_Task_:
From the listing below, retype exactly the line holding "pub mod Distribute", the line holding "pub mod Examples", and the lines between them; skip everything else.

_Provided information_:
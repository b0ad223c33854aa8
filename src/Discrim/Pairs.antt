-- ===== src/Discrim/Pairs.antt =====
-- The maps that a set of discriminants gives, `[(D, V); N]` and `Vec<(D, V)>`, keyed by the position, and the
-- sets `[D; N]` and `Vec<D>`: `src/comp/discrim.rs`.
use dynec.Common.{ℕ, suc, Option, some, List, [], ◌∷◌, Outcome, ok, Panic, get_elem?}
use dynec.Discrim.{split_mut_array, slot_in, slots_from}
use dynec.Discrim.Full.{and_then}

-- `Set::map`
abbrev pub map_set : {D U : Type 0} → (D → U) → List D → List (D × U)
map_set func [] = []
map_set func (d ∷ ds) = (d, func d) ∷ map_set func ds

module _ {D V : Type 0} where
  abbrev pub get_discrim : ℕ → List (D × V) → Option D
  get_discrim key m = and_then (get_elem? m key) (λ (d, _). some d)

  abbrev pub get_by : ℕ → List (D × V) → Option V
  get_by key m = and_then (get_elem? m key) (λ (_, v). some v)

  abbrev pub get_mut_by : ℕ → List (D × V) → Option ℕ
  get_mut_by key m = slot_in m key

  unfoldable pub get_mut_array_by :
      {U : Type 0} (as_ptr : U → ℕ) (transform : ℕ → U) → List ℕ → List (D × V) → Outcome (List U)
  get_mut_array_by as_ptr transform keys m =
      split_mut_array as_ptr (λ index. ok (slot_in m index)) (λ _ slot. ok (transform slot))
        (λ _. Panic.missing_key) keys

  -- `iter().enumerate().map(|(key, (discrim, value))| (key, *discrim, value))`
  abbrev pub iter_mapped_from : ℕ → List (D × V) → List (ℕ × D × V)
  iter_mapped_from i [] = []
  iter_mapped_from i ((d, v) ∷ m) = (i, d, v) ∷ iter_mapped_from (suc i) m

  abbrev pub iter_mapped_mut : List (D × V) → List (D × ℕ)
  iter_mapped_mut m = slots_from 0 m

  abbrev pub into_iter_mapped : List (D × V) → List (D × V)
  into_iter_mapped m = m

* * *

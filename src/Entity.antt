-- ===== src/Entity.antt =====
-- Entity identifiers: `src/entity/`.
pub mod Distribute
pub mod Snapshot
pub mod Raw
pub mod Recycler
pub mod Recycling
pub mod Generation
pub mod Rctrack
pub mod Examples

_Response to this exercise_:
pub mod Distribute
pub mod Snapshot
pub mod Raw
pub mod Recycler
pub mod Recycling
pub mod Generation
pub mod Rctrack
pub mod Examples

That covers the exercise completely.